Graph neural networks (GNNs) have been extensively employed in node classification. Nevertheless, recent studies indicate that GNNs are vulnerable to topological perturbations, such as adversarial attacks and edge disruptions. Considerable efforts have been devoted to mitigating these challenges. For example, pioneering Bayesian methodologies, including GraphSS and LlnDT, incorporate Bayesian label transitions and topology-based label sampling to strengthen the robustness of GNNs. However, GraphSS is hindered by slow convergence, while LlnDT faces challenges in sparse graphs.

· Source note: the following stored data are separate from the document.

-- ===== src/Server/Dump.antt =====
-- src/server/server.c: the state that a notification carries, and `broadcast_event` as a whole. The text
-- of a JSON object is a parameter. Objects hold the metadata by reference, and the text is made when all
-- of them are built, so that every form shows the metadata as they are then.
pub mod Listed
use axctl_c.Prelude.{ℕ, Bool, List, [], ◌∷◌, Option, none, some, CString, codes}
use axctl_c.Json.{JsonC}
use axctl_c.Types.ToJson.{
  Doubles, object_with, add_all, window_array_onto, workspace_array_onto, monitor_array_onto,
}
use axctl_c.Cache.{Cache, Heap, get_windows, get_workspaces, get_monitors}
use axctl_c.Server.{Write, broadcast}
use axctl_c.Server.Backend.{of_u32}
use axctl_c.Server.Refresh.{Compositor}
use axctl_c.Server.Events.{Event, event_callback}

module _ (j : JsonC) {D : Type 0} (d : Doubles j D) where
  unfoldable pub build_state_dump : Heap j → Cache D → j.Json × Heap j
  unfolding add_all
  build_state_dump heap c =
      let (workspaces, heap') = workspace_array_onto j heap j.new_array (get_workspaces c).items in
      let windows = window_array_onto j heap' j.new_array (get_windows c).items in
      let monitors = monitor_array_onto j d heap' j.new_array (get_monitors c).items in
      (
        object_with j (
            (codes "windows", windows)
            ∷ (codes "workspaces", workspaces)
            ∷ (codes "monitors", monitors)
            ∷ []),
        heap',
      )

  -- The parameters of a notification, if there are any.
  unfoldable pub params_field : Option j.Json → List (CString × j.Json)
  params_field none = []
  params_field (some params) = (codes "params", params) ∷ []

  unfoldable pub notification : CString → Option j.Json → j.Json → j.Json
  unfolding add_all params_field
  notification method params state =
      let named : j.Json = object_with j (
        (codes "jsonrpc", j.new_string (codes "2.0"))
        ∷ (codes "method", j.new_string method)
        ∷ []) in
      j.object_add (add_all j named (params_field params)) (codes "state") state

  module _ (text : j.Json → CString) where
    -- With no subscriber nothing is made.
    unfoldable pub broadcast_event :
        Heap j → Cache D → List ℕ → CString → Option j.Json → List Write × Heap j
    unfolding build_state_dump notification broadcast
    broadcast_event heap c [] method params = ([], heap)
    broadcast_event heap c (fd ∷ fds) method params =
        let (state, heap') = build_state_dump heap c in
        (broadcast (fd ∷ fds) (text (notification method params state)), heap')

    -- An event of the compositor, with its notification.
    unfoldable pub watch_event :
        Compositor D → Heap j → ℕ → Cache D → List ℕ → Event j → Cache D × Heap j × List Write
    unfolding event_callback broadcast_event
    watch_event comp heap fresh c fds event =
        let r = event_callback j comp heap fresh c event in
        let (writes, heap') = broadcast_event r.heap r.cache fds r.method r.params in
        (r.cache, heap', writes)

    unfoldable pub idle_monitor_changed_cb :
        Heap j → Cache D → List ℕ → ℕ → Bool → List Write × Heap j
    unfolding broadcast_event add_all of_u32
    idle_monitor_changed_cb heap c fds id is_idle =
        broadcast_event heap c fds (codes "Event.IdleMonitorChanged") (
          some (
            object_with j (
              (codes "id", j.new_int (of_u32 id)) ∷ (codes "is_idle", j.new_boolean is_idle) ∷ [])))

  -- What `System.Subscribe` writes to the new client before the response: the notification of the
  -- state, and an answer of its own with the state.
  unfoldable pub subscribe_messages : j.Json → List j.Json
  unfolding add_all
  subscribe_messages state =
      object_with j (
        (codes "jsonrpc", j.new_string (codes "2.0"))
        ∷ (codes "method", j.new_string (codes "State.Dump"))
        ∷ (codes "state", state)
        ∷ [])
      ∷ object_with j (
          (codes "jsonrpc", j.new_string (codes "2.0"))
          ∷ (codes "result", j.new_string (codes "subscribed"))
          ∷ (codes "state", state)
          ∷ [])
      ∷ []
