-- ===== src/Server/Dispatch.antt =====
-- src/server/server.c: `dispatch_method` for windows, workspaces, monitors, the layout, the configuration
-- and the system. The children have the idle methods and the answer to a request.
pub mod Idle
pub mod Answer
pub mod Silent
pub mod Effect
mod Quiet
pub mod Left
pub mod Kept
use axctl_c.Prelude.{
  ℕ, Bool, true, false, List, [], ◌∷◌, ◌++◌, Option, none, some, CString, codes, ℤ, pos,
}
use axctl_c.Json.{JsonC}
use axctl_c.Json.Helpers.{string_or_empty, param_str, param_str_safe, param_int, param_bool}
use axctl_c.Errors.{set_error}
use axctl_c.Types.ToJson.{
  Doubles, object_with, window_array_onto, workspace_to_json, workspace_array_onto,
  monitor_array_onto, capabilities_to_json, add_all,
}
use axctl_c.Cache.{get_windows, get_workspaces, get_monitors}
use axctl_c.Server.{subscribe}
use axctl_c.Server.Dump.{build_state_dump, subscribe_messages}
use axctl_c.Server.Methods.{
  WindowMethod, window_list, window_active, window_focus, window_focus_dir, window_close,
  window_move, window_resize, window_toggle_floating, window_fullscreen, window_maximize,
  window_pin, window_toggle_group, window_group_nav, window_layout_prop, window_move_pixel,
  window_move_to_workspace_silent, WorkspaceMethod, workspace_list, workspace_active,
  workspace_switch, workspace_move_to, workspace_toggle_special, MonitorMethod, monitor_list,
  monitor_focus, monitor_move_to, monitor_set_dpms, ConfigMethod, config_get, config_set,
  config_apply, config_batch, config_keybinds_batch, config_raw_batch, config_reload,
  config_get_animations, config_bind_key, config_unbind_key, SystemMethod, system_execute,
  system_get_cursor_position, system_exit, system_switch_keyboard_layout,
  system_set_keyboard_layouts, system_get_capabilities, system_subscribe,
}
use axctl_c.Server.Backend.{
  Call, active_window, focus_window, focus_dir, close_window, move_window, resize_window,
  toggle_floating, set_fullscreen, set_maximized, pin_window, toggle_group, group_nav,
  set_layout_property, move_window_pixel, active_workspace, switch_workspace, move_to_workspace,
  move_to_workspace_silent, toggle_special_workspace, focus_monitor, move_to_monitor, set_dpms,
  set_layout, get_config, set_config, apply_config, batch_config, batch_keybinds, raw_batch,
  reload_config, get_animations, get_cursor_position, bind_key, unbind_key, execute,
  compositor_exit, switch_keyboard_layout, set_keyboard_layouts, get_capabilities, Backend, Server,
  Done, plain, perform,
}

module _ (j : JsonC) where
  -- `resolve_id`: the id, and the call made for it.
  unfoldable pub resolve_id : Backend j → Option CString → CString × List (Call j)
  resolve_id b (some (c ∷ id)) = (c ∷ id, [])
  resolve_id b (some []) =
      (elim b.active_id [ none ↦ [] | some active ↦ active ], active_window ∷ [])
  resolve_id b none = (elim b.active_id [ none ↦ [] | some active ↦ active ], active_window ∷ [])

module _ (j : JsonC) {D : Type 0} where
  module _ (b : Backend j) (s : Server j D) (params : Option j.Json) where
    -- A call with no result.
    abbrev asks : Call j → Done j D
    asks call = perform j b s [] call none

    -- A call on the window of a key, or on the active one.
    unfoldable pub on_window : CString → (CString → Call j) → Done j D
    unfolding perform resolve_id param_str
    on_window key call =
        let (id, before) = resolve_id j b (param_str j params key) in
        perform j b s before (call id) none

    unfoldable pub window_method : WindowMethod → Done j D
    unfolding perform on_window param_str param_str_safe param_int param_bool window_array_onto
        string_or_empty add_all get_windows
    window_method window_list =
        plain j s false (some (window_array_onto j s.heap j.new_array (get_windows s.cache).items))
    window_method window_active =
        perform j b s [] active_window
          (some (object_with j ((codes "id", string_or_empty j b.active_id) ∷ [])))
    window_method window_focus = asks (focus_window (param_str j params (codes "id")))
    window_method window_focus_dir = asks (focus_dir (param_str_safe j params (codes "direction")))
    window_method window_close = on_window (codes "id") (λ id. close_window id)
    window_method window_move =
        on_window (codes "id") (λ id. move_window id (param_str_safe j params (codes "direction")))
    window_method window_resize = on_window (codes "id") (λ id.
        resize_window id (param_int j params (codes "width") (pos 0))
          (param_int j params (codes "height") (pos 0)))
    window_method window_toggle_floating = on_window (codes "id") (λ id. toggle_floating id)
    window_method window_fullscreen =
        on_window (codes "id") (λ id. set_fullscreen id (param_bool j params (codes "state") false))
    window_method window_maximize =
        on_window (codes "id") (λ id. set_maximized id (param_bool j params (codes "state") false))
    window_method window_pin =
        on_window (codes "id") (λ id. pin_window id (param_bool j params (codes "state") false))
    window_method window_toggle_group = on_window (codes "id") (λ id. toggle_group id)
    window_method window_group_nav = asks (group_nav (param_str_safe j params (codes "direction")))
    window_method window_layout_prop = on_window (codes "id") (λ id.
        set_layout_property id (param_str j params (codes "key"))
          (param_str j params (codes "value")))
    window_method window_move_pixel = on_window (codes "id") (λ id.
        move_window_pixel id (param_int j params (codes "x") (pos 0))
          (param_int j params (codes "y") (pos 0)))
    window_method window_move_to_workspace_silent =
        on_window (codes "window_id")
          (λ id. move_to_workspace_silent id (param_str j params (codes "workspace_id")))

    unfoldable pub workspace_method : WorkspaceMethod → Done j D
    unfolding perform on_window param_str workspace_array_onto workspace_to_json get_workspaces
    workspace_method workspace_list =
        let (a, heap') = workspace_array_onto j s.heap j.new_array (get_workspaces s.cache).items in
        plain j (record s { heap = heap' }) false (some a)
    workspace_method workspace_active =
        perform j b s [] active_workspace (some (workspace_to_json j s.heap b.workspace).0)
    workspace_method workspace_switch = asks (switch_workspace (param_str j params (codes "id")))
    workspace_method workspace_move_to =
        on_window (codes "window_id")
          (λ id. move_to_workspace id (param_str j params (codes "workspace_id")))
    workspace_method workspace_toggle_special =
        asks (toggle_special_workspace (param_str j params (codes "name")))

    unfoldable pub monitor_method : Doubles j D → MonitorMethod → Done j D
    unfolding perform on_window param_str param_bool monitor_array_onto get_monitors
    monitor_method d monitor_list =
        plain j s false
          (some (monitor_array_onto j d s.heap j.new_array (get_monitors s.cache).items))
    monitor_method d monitor_focus = asks (focus_monitor (param_str j params (codes "id")))
    monitor_method d monitor_move_to =
        on_window (codes "window_id")
          (λ id. move_to_monitor id (param_str j params (codes "monitor_id")))
    monitor_method d monitor_set_dpms =
        asks (
          set_dpms (param_str j params (codes "monitor_id"))
            (param_bool j params (codes "on") true))

    unfoldable pub layout_set_method : Done j D
    unfolding perform param_str
    layout_set_method = asks (set_layout (param_str j params (codes "name")))

    -- The value of a key of the parameters, which may be NULL.
    unfoldable pub param_get : CString → Option j.Json
    param_get key = elim params [ none ↦ none | some o ↦ j.object_get o key ]

    unfoldable pub config_method : ConfigMethod → Done j D
    unfolding perform param_str param_str_safe param_get set_error
    config_method config_get =
        let key = param_str j params (codes "key") in
        record (asks (get_config key)) { result = b.config_value key }
    config_method config_set =
        let val : Option CString = elim (param_get (codes "value")) [
          | none ↦ some []
          | some v ↦ j.get_string v
        ] in
        asks (set_config (param_str j params (codes "key")) val)
    config_method config_apply = elim (param_str j params (codes "payload")) [
      | none ↦ plain j (record s { error = set_error s.error (codes "missing payload") }) true none
      | some payload ↦ asks (apply_config payload)
    ]
    config_method config_batch = elim (param_get (codes "configs")) [
      | none ↦ plain j s false none
      | some configs ↦ asks (batch_config configs)
    ]
    config_method config_keybinds_batch =
        asks (batch_keybinds (param_str j params (codes "payload")))
    config_method config_raw_batch = asks (raw_batch (param_str j params (codes "command")))
    config_method config_reload = asks reload_config
    config_method config_get_animations = record (asks get_animations) { result = b.animations }
    config_method config_bind_key = asks (
        bind_key (param_str_safe j params (codes "mods")) (param_str_safe j params (codes "key"))
          (param_str_safe j params (codes "command")))
    config_method config_unbind_key = asks (
        unbind_key (param_str_safe j params (codes "mods")) (param_str_safe j params (codes "key")))

    -- `System.Subscribe` also writes the state to the client; making its forms adds keys to metadata.
    unfoldable pub system_method : Doubles j D → ℕ → SystemMethod → Done j D
    unfolding perform param_str add_all capabilities_to_json subscribe build_state_dump
        subscribe_messages
    system_method d client_fd system_execute = asks (execute (param_str j params (codes "command")))
    system_method d client_fd system_get_cursor_position = perform j b s [] get_cursor_position (
        some (
          object_with j
            ((codes "x", j.new_int b.cursor.0) ∷ (codes "y", j.new_int b.cursor.1) ∷ [])))
    system_method d client_fd system_exit = asks compositor_exit
    system_method d client_fd system_switch_keyboard_layout =
        let action : CString = elim (param_str j params (codes "action")) [
          | none ↦ codes "next"
          | some a ↦ a
        ] in
        asks (switch_keyboard_layout action)
    system_method d client_fd system_set_keyboard_layouts = asks (
        set_keyboard_layouts (param_str j params (codes "layouts"))
          (param_str j params (codes "variants")))
    system_method d client_fd system_get_capabilities =
        perform j b s [] get_capabilities (some (capabilities_to_json j b.capabilities))
    system_method d client_fd system_subscribe =
        let (state, heap') = build_state_dump j d s.heap s.cache in
        record (plain j (record s { heap = heap'; client_fds = subscribe s.client_fds client_fd })
          false (some (j.new_string (codes "subscribed")))) { sent = subscribe_messages j d state }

To overcome these limitations, we propose a novel label inference framework, TraTopo, which combines topology-driven label propagation, Bayesian label transitions, and link analysis via random walks. TraTopo significantly surpasses its predecessors on sparse graphs by utilizing random walk sampling, specifically targeting isolated nodes for link prediction, thus enhancing its effectiveness in topological sampling contexts. Additionally, TraTopo employs a shortest-path strategy to refine link prediction, thereby reducing predictive overhead and improving label inference accuracy. Empirical evaluations highlight TraTopo's superiority in node classification, significantly exceeding contemporary GCN models in accuracy.

翻译：图神经网络（GNN）已被广泛用于节点分类任务。然而，近期研究表明，GNN易受拓扑扰动影响，例如对抗攻击和边扰动。已有大量工作致力于缓解这些挑战。例如，包括GraphSS和LlnDT在内的开创性贝叶斯方法，通过引入贝叶斯标签转移和基于拓扑的标签采样来增强GNN的鲁棒性。但GraphSS存在收敛缓慢的问题，而LlnDT在稀疏图中面临挑战。为克服这些局限，我们提出一种新颖的标签推断框架TraTopo，该框架融合了拓扑驱动标签传播、贝叶斯标签转移以及基于随机游走的链接分析。TraTopo通过采用随机游走采样，特别是针对孤立节点进行链接预测，从而在拓扑采样场景中显著提升其在稀疏图上的效能。此外，TraTopo利用最短路径策略优化链接预测，从而降低预测开销并提高标签推断精度。实验评估凸显了TraTopo在节点分类中的优越性，其在准确性上显著超越当前主流的GCN模型。